In this analysis, we applied RoM to assess the effect size and to attempt to eliminate the bias caused by dilution of different kinds of lung fluid. For example, edema fluid was completely undiluted, whereas BALF might be quite diluted. This methodology has been proved to be robust and is widely used [7,8,9, 66, 67].

This systematic review and meta-analysis may prompt further research on ARDS diagnosis and prognosis in many different ways. First, it demonstrates the research priorities and indicates that research on ARDS biomarkers in lung fluid and other compartments is needed. Second, it establishes ARDS biomarkers and their performance in lung fluid as an innovative research field. Third, it identifies numerous novel translational approaches for biomarker measurement in different compartments, such as chromatography for metabolomics separation and mass spectrometry or nuclear magnetic resonance spectroscopy for biomarker detection [68]. Although some non-quantitative methods were not included in this meta-analysis, they are still worth exploring.
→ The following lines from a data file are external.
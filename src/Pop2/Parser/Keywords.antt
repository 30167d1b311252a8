-- ===== src/Pop2/Parser/Keywords.antt =====
-- A keyword, compared with a word that is not the keyword.
use getemail.Base.{
  ℕ, ◌≡◌, ◌≢◌, ◌≤◌, refl, sym, inl, inr, Bool, true, false, ◌&&◌, List, [], ◌∷◌, ◌++◌, Bytes, arith,
  leb, length, length-append, lower, ◌==◌, if◌then◌else◌, Bool-cases,
}
use getemail.Pop2.Env.{error}
use getemail.Pop2.Nom.{Nom}
use getemail.Pop2.Nom.Laws.{LawfulPrimitives, tagged_from}
use getemail.Pop2.Parser.Primitives.{Differs, Rejects-tagged, head_eq}
use getemail.Pop2.Parser.Choices.{Skips, Skips-eq, Skips-Rejects}

-- A word is not the keyword; what they have in common is followed by no less in the word than in the keyword.
unfoldable pub apart_behind : Bytes → Bytes → Bool
apart_behind (t ∷ ts) (c ∷ cs) =
    let rest = apart_behind ts cs in
    leb (length ts) (length cs) && (if lower t == lower c then rest else true)
apart_behind _ _ = false

unfoldable pub apart : Bytes → Bytes → Bool
unfolding apart_behind
apart (t ∷ ts) (c ∷ cs) = let rest = apart_behind ts cs in if lower t == lower c then rest else true
apart _ _ = false

abbrev pub all_apart : List Bytes → Bytes → Bool
all_apart [] w = true
all_apart (t ∷ ts) w = apart t w && all_apart ts w

Differs-apart_behind : (t w rest : Bytes) → apart_behind t w ≡ true → Differs lower t (w ++ rest)
unfolding apart_behind
Differs-apart_behind [] w rest h = absurd (cc)
Differs-apart_behind (t ∷ ts) [] rest h = absurd (cc)
Differs-apart_behind (t ∷ ts) (c ∷ cs) rest h = elim (Bool-cases (lower t == lower c)) [
  | inl e ↦ (
    ground (arith, h, length-append cs rest),
    inr (ground (arith, e), Differs-apart_behind ts cs rest (ground (arith, h, e))),
  )
  | inr e ↦ (ground (arith, h, length-append cs rest), inl (ground (arith, e)))
]

length-apart_behind : (t w : Bytes) → apart_behind t w ≡ true → length t ≤ length w
unfolding apart_behind
length-apart_behind [] w h = absurd (cc)
length-apart_behind (t ∷ ts) [] h = absurd (cc)
length-apart_behind (t ∷ ts) (c ∷ cs) h = ground (arith, h)

tagged-refused_other :
    (t c : ℕ) (ts cs part more : Bytes)
    → (lower t == lower c) ≡ false
    → c ∷ cs ≡ part ++ more
    → part ≢ []
    → tagged_from lower (t ∷ ts) part ≡ error
tagged-refused_other t c ts cs [] more e split begun = absurd (begun refl)
tagged-refused_other t c ts cs (x ∷ part) more e split begun = rw (sym (head_eq split), e) refl

Skips-tagged : (t w rest : Bytes) → apart t w ≡ true → Skips (tagged_from lower t) (w ++ rest)
unfolding apart
Skips-tagged [] w rest h = absurd (cc)
Skips-tagged (t ∷ ts) [] rest h = absurd (cc)
Skips-tagged (t ∷ ts) (c ∷ cs) rest h = elim (Bool-cases (lower t == lower c)) [
  | inl e ↦
      let behind : apart_behind ts cs ≡ true = rw (e) at h in
      Skips-Rejects (tagged_from lower (t ∷ ts)) ((c ∷ cs) ++ rest) (
        Rejects-tagged lower (t ∷ ts) ((c ∷ cs) ++ rest) (
          omega (arith, length-append cs rest, length-apart_behind ts cs behind),
          inr (ground (arith, e), Differs-apart_behind ts cs rest behind),
        ))
  | inr e ↦ record {
    refused = rw e refl;
    cut = λ part more split begun ne.
        inr (tagged-refused_other t c ts (cs ++ rest) part more e split begun);
  }
]

-- The keyword is refused where another word stands.
pub Skips-tag_no_case :
    (nom : Nom)
    → LawfulPrimitives nom
    → (t w rest : Bytes) → apart t w ≡ true
    → Skips (nom.tag_no_case t) (w ++ rest)
Skips-tag_no_case nom prims t w rest h =
    Skips-eq (nom.tag_no_case t) (tagged_from lower t) (prims.tag_no_case-eq t)
      (Skips-tagged t w rest h)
There were limitations in this meta-analysis as well. First, although we performed a subgroup analysis of the biomarkers related to ARDS diagnosis and mortality, heterogeneity was not explainable for every biomarker. We assume that this could be related to the different etiologies of ARDS, variation in BALF procedures between studies, multiple control types used in the studies, wide range of intervals between study inclusion and biomarker measurement, and different treatments for ARDS. We were not able to conduct further analysis due to the limited information.
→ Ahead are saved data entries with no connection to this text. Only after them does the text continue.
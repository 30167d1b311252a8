-- ===== src/Pop2/Parser/Capabilities.antt =====
-- The capabilities of RFC 2449, one to a line, and the parser of each.
pub mod Sasl
pub mod Separated
pub mod Stated
pub mod Tried
pub mod Lists
use getemail.Base.{
  ℕ, zero, suc, ◌+◌, ◌≡◌, ◌≢◌, ◌≤◌, ◌<◌, refl, sym, subst, ◌∙◌, ◌⊎◌, inl, inr, Bool, true, false,
  ◌&&◌, ◌*◌, List, [], ◌∷◌, ◌++◌, Bytes, codes, arith, length, length-append, append_assoc,
  append-nil, take, Bool-cases, IsLine, none, some, lower, Option,
}
use getemail.Base.Decimal.{is_digit}
use getemail.Pop2.Types.{Text, Duration}
use getemail.Pop2.Response.{Expiration, never, time, Capability}
use getemail.Pop2.Env.{IResult, done, incomplete, error, size}
use getemail.Pop2.Nom.{Nom, Parser, pure, ◌>>=◌, and_then}
use getemail.Pop2.Nom.Laws.{
  LawfulPrimitives, LawfulCombinators, is_space, is_in, one, taken_while, taken_while1, tagged_from,
  optional,
}
use getemail.Pop2.Parser.Core.{eol, message_parser, unwrap_or_empty}
use getemail.Pop2.Parser.Rfc1939.{new_text}
use getemail.Pop2.Parser.Rfc2449.{
  new_duration, unwrap_or_default, name_chars, keyword, expiration, expire, login_delay,
  implementation, unknown_capability,
}
use getemail.Pop2.Parser.Streams.{
  Asks, Streams, Rejects, Streams-eq, Streams-bind, Streams-map, Streams-pure, Streams-first,
  Streams-other, Streams-last, Rejects-eq,
}
use getemail.Pop2.Parser.Primitives.{All, StopsAt, Streams-tagged, Folds-refl, Streams-taken_while1}
use getemail.Pop2.Parser.Lines.{crlf, Streams-message_parser}
use getemail.Pop2.Parser.Stats.{Some, digit_stops, Streams-number, Streams-spaces}
use getemail.Pop2.Parser.Endings.{Streams-eol}
use getemail.Pop2.Parser.Listings.{Rejects-number}

-- How long messages are kept.
abbrev pub period : Expiration → Bytes
period never = codes "NEVER"
period (time d) = d.inner.inner

abbrev pub IsPeriod : Expiration → Type 0
IsPeriod never = Unit {0}
IsPeriod (time d) = Some is_digit d.inner.inner × (d.to_secs_multiplier ≡ 24 * 60 * 60)

period_stops : (e : Expiration) (rest : Bytes) → IsPeriod e → StopsAt is_space (period e ++ rest)
period_stops never rest h = refl
period_stops (time d) rest h =
    (rw (append-nil d.inner.inner) at (digit_stops d.inner.inner [] rest h.0))

module _ (nom : Nom) (prims : LawfulPrimitives nom) (combs : LawfulCombinators nom) where
  open prims use {tag_no_case-eq, one_of-eq}
  open combs use {
    map-eq, value-eq, opt-eq, preceded-eq, terminated-eq, many1-error, many1-wait, many1-last,
    many1-wait_next, many1-next,
  }

  -- Characters of a set are taken while there are any.
  many1-one_of :
      (cs input : Bytes) → nom.many1 (nom.one_of cs) input ≡ taken_while1 (is_in cs) input
  many1-one_of cs [] = many1-wait (nom.one_of cs) [] (size 1) (one_of-eq cs [])
  many1-one_of cs (c ∷ []) = elim (Bool-cases (is_in cs c)) [
    | inl e ↦
        many1-wait_next (nom.one_of cs) (c ∷ []) [] c (size 1) (one_of-eq cs (c ∷ []) ∙ rw e refl)
          (one_of-eq cs [])
        ∙ sym (rw e refl)
    | inr e ↦
        many1-error (nom.one_of cs) (c ∷ []) (one_of-eq cs (c ∷ []) ∙ rw e refl) ∙ sym (rw e refl)
  ]
  many1-one_of cs (c ∷ d ∷ input) = elim (Bool-cases (is_in cs c)) [
    | inl e ↦ elim (Bool-cases (is_in cs d)) [
      | inl e' ↦
          many1-next (nom.one_of cs) (c ∷ d ∷ input) (d ∷ input) input c d
            (one_of-eq cs (c ∷ d ∷ input) ∙ rw e refl) (one_of-eq cs (d ∷ input) ∙ rw e' refl)
            (omega arith)
          ∙ rw (many1-one_of cs (d ∷ input), e, e') refl
      | inr e' ↦
          many1-last (nom.one_of cs) (c ∷ d ∷ input) (d ∷ input) c
            (one_of-eq cs (c ∷ d ∷ input) ∙ rw e refl) (one_of-eq cs (d ∷ input) ∙ rw e' refl)
          ∙ sym (rw (e, e') refl)
    ]
    | inr e ↦
        many1-error (nom.one_of cs) (c ∷ d ∷ input) (one_of-eq cs (c ∷ d ∷ input) ∙ rw e refl)
        ∙ sym (rw e refl)
  ]

  pub Streams-tag_no_case : (t tail : Bytes) → Streams (nom.tag_no_case t) t tail t
  Streams-tag_no_case t tail =
      Streams-eq (nom.tag_no_case t) (tagged_from lower t) (tag_no_case-eq t)
        (Streams-tagged lower t t tail (Folds-refl lower t))

  pub Streams-implementation :
      (text tail : Bytes)
      → IsLine text
      → Streams
          (implementation nom)
          (codes "IMPLEMENTATION" ++ (text ++ crlf))
          tail
          (Capability.implementation (new_text text))
  unfolding implementation
  Streams-implementation text tail h =
      Streams-bind (nom.tag_no_case (codes "IMPLEMENTATION")) _ (codes "IMPLEMENTATION")
        (text ++ crlf) tail (codes "IMPLEMENTATION") _
        (Streams-tag_no_case (codes "IMPLEMENTATION") ((text ++ crlf) ++ tail))
        (Streams-map (message_parser nom)
          (λ m. Capability.implementation (new_text (unwrap_or_empty m)))
          (Streams-message_parser nom prims combs text tail h))

  pub Streams-keyword :
      (c : Capability) (name tail : Bytes) → Streams (keyword nom c name) (name ++ crlf) tail c
  unfolding keyword
  Streams-keyword c name tail =
      Streams-eq _ _ (terminated-eq (nom.value c (nom.tag_no_case name)) (eol nom)) (
        Streams-bind (nom.value c (nom.tag_no_case name)) _ name crlf tail c c
          (Streams-eq _ _ (value-eq c (nom.tag_no_case name))
            (Streams-map (nom.tag_no_case name) (λ _. c) (Streams-tag_no_case name (crlf ++ tail))))
          (Streams-map (eol nom) (λ _. c) (Streams-eol nom prims combs tail)))

  pub Streams-unknown_capability :
      (name tail : Bytes)
      → Some (is_in name_chars) name
      → Streams (unknown_capability nom) (name ++ crlf) tail (Capability.other (new_text name))
  unfolding unknown_capability
  Streams-unknown_capability [] tail h = absurd h
  Streams-unknown_capability (c ∷ name) tail h = Streams-eq _ _ (terminated-eq _ (eol nom)) (
      Streams-bind _ _ (c ∷ name) crlf tail (Capability.other (new_text (c ∷ name))) _
        (Streams-eq _ _ (map-eq (nom.many1 (nom.one_of name_chars)) _) (
          Streams-map (nom.many1 (nom.one_of name_chars))
            (λ other. Capability.other (new_text other))
            (Streams-eq _ (taken_while1 (is_in name_chars)) (many1-one_of name_chars)
              (Streams-taken_while1 (is_in name_chars) c name (crlf ++ tail) h refl))))
        (Streams-map (eol nom) (λ _. Capability.other (new_text (c ∷ name)))
          (Streams-eol nom prims combs tail)))

  pub Streams-login_delay :
      (digits tail : Bytes)
      → Some is_digit digits
      → Streams
          (login_delay nom)
          (codes "LOGIN-DELAY" ++ (codes " " ++ (digits ++ crlf)))
          tail
          (Capability.login_delay (new_duration digits 1))
  unfolding login_delay
  Streams-login_delay digits tail h =
      let value = Capability.login_delay (new_duration digits 1) in
      Streams-bind (nom.tag_no_case (codes "LOGIN-DELAY")) _ (codes "LOGIN-DELAY")
        (codes " " ++ (digits ++ crlf)) tail (codes "LOGIN-DELAY") value
        (Streams-tag_no_case (codes "LOGIN-DELAY") ((codes " " ++ (digits ++ crlf)) ++ tail))
        (Streams-bind nom.space1 _ (codes " ") (digits ++ crlf) tail (codes " ") value
          (Streams-spaces nom prims combs (codes " ") ((digits ++ crlf) ++ tail) (refl, tt)
            (digit_stops digits crlf tail h))
          (Streams-bind nom.digit1 _ digits crlf tail digits value
            (Streams-number nom prims combs digits (crlf ++ tail) h refl)
            (Streams-map (eol nom) (λ _. value) (Streams-eol nom prims combs tail))))

  Streams-some :
      {A : Type 0} (p : Parser A) (text tail : Bytes) (a : A)
      → Streams p text tail a
      → Streams (nom.opt p) text tail (some a)
  Streams-some p text tail a s = record {
    whole = opt-eq p (text ++ tail) ∙ rw s.whole refl;
    cut = λ part more e ne. elim (s.cut part more e ne) [
      | inl (needed, w, h) ↦ inl (needed, opt-eq p part ∙ rw w refl, h)
      | inr (left, split, d) ↦ inr (left, split, opt-eq p part ∙ rw d refl)
    ];
  }

  Streams-period :
      (e : Expiration) (tail : Bytes)
      → IsPeriod e
      → Streams
          (nom.alt (
            nom.map nom.digit1 (λ digits. time (new_duration digits (24 * 60 * 60)))
            ∷ nom.value never (nom.tag_no_case (codes "NEVER"))
            ∷ []))
          (period e)
          (crlf ++ tail)
          e
  Streams-period never tail h =
      Streams-other nom combs (nom.map nom.digit1 _)
        (nom.value never (nom.tag_no_case (codes "NEVER"))) []
        (Rejects-eq _ _ (map-eq nom.digit1 _)
          (Rejects-number nom prims combs _ (codes "NEVER" ++ (crlf ++ tail)) refl))
        (Streams-last nom combs (nom.value never (nom.tag_no_case (codes "NEVER"))) (
          Streams-eq _ _ (value-eq never (nom.tag_no_case (codes "NEVER"))) (
            Streams-map (nom.tag_no_case (codes "NEVER")) (λ _. never)
              (Streams-tag_no_case (codes "NEVER") (crlf ++ tail)))))
  Streams-period (time d) tail h =
      Streams-first nom combs (nom.map nom.digit1 _)
        (nom.value never (nom.tag_no_case (codes "NEVER"))) []
        (Streams-eq _ _ (map-eq nom.digit1 _) (
          subst
            (λ k.
              Streams (nom.digit1 >>= λ digits. pure (time (new_duration digits (24 * 60 * 60))))
                d.inner.inner (crlf ++ tail) (time (new_duration d.inner.inner k)))
            (sym h.1)
            (Streams-map nom.digit1 (λ digits. time (new_duration digits (24 * 60 * 60)))
              (Streams-number nom prims combs d.inner.inner (crlf ++ tail) h.0 refl))))

  pub Streams-expire :
      (e : Expiration) (tail : Bytes)
      → IsPeriod e
      → Streams
          (expire nom)
          (codes "EXPIRE" ++ ((codes " " ++ period e) ++ crlf))
          tail
          (Capability.expire e)
  unfolding expire expiration
  Streams-expire e tail h =
      Streams-bind (nom.tag_no_case (codes "EXPIRE")) _ (codes "EXPIRE")
        ((codes " " ++ period e) ++ crlf) tail (codes "EXPIRE") (Capability.expire e)
        (Streams-tag_no_case (codes "EXPIRE") _)
        (Streams-bind (nom.opt (expiration nom)) _ (codes " " ++ period e) crlf tail (some e)
          (Capability.expire e)
          (Streams-some (expiration nom) (codes " " ++ period e) (crlf ++ tail) e (
            Streams-eq _ _ (preceded-eq nom.space1 _) (
              Streams-bind nom.space1 _ (codes " ") (period e) (crlf ++ tail) (codes " ") e
                (Streams-spaces nom prims combs (codes " ") (period e ++ (crlf ++ tail)) (refl, tt)
                  (period_stops e (crlf ++ tail) h))
                (Streams-period e tail h))))
          (Streams-map (eol nom) (λ _. Capability.expire e) (Streams-eol nom prims combs tail)))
Second, a limited number of studies were included for each biomarker, which impedes the reproducibility of the results. The number of studies for each biomarker should be taken into consideration while assessing the performance in the ranking system.

Third, only the biomarkers addressed by two or more studies were included. Because of this, promising biomarkers evaluated in a single study were not considered, which may limit the view on lung fluid biomarker research as a whole.

Finally, the use of lung fluid as a study object itself had some limitations. Due to the lack of information on specific BALF procedures, we could only assume the recovery rates between subgroups in one study were within an acceptable range, which may have caused some of the heterogeneity between studies.

Conclusions

This systematic review and meta-analysis included 49 studies with 2189 participants, providing an overview of research on lung fluid biomarkers for ARDS. The ranking system provided by evaluating the effect size for ARDS diagnosis and prognosis may serve as a reference for further research on biomarkers for ARDS.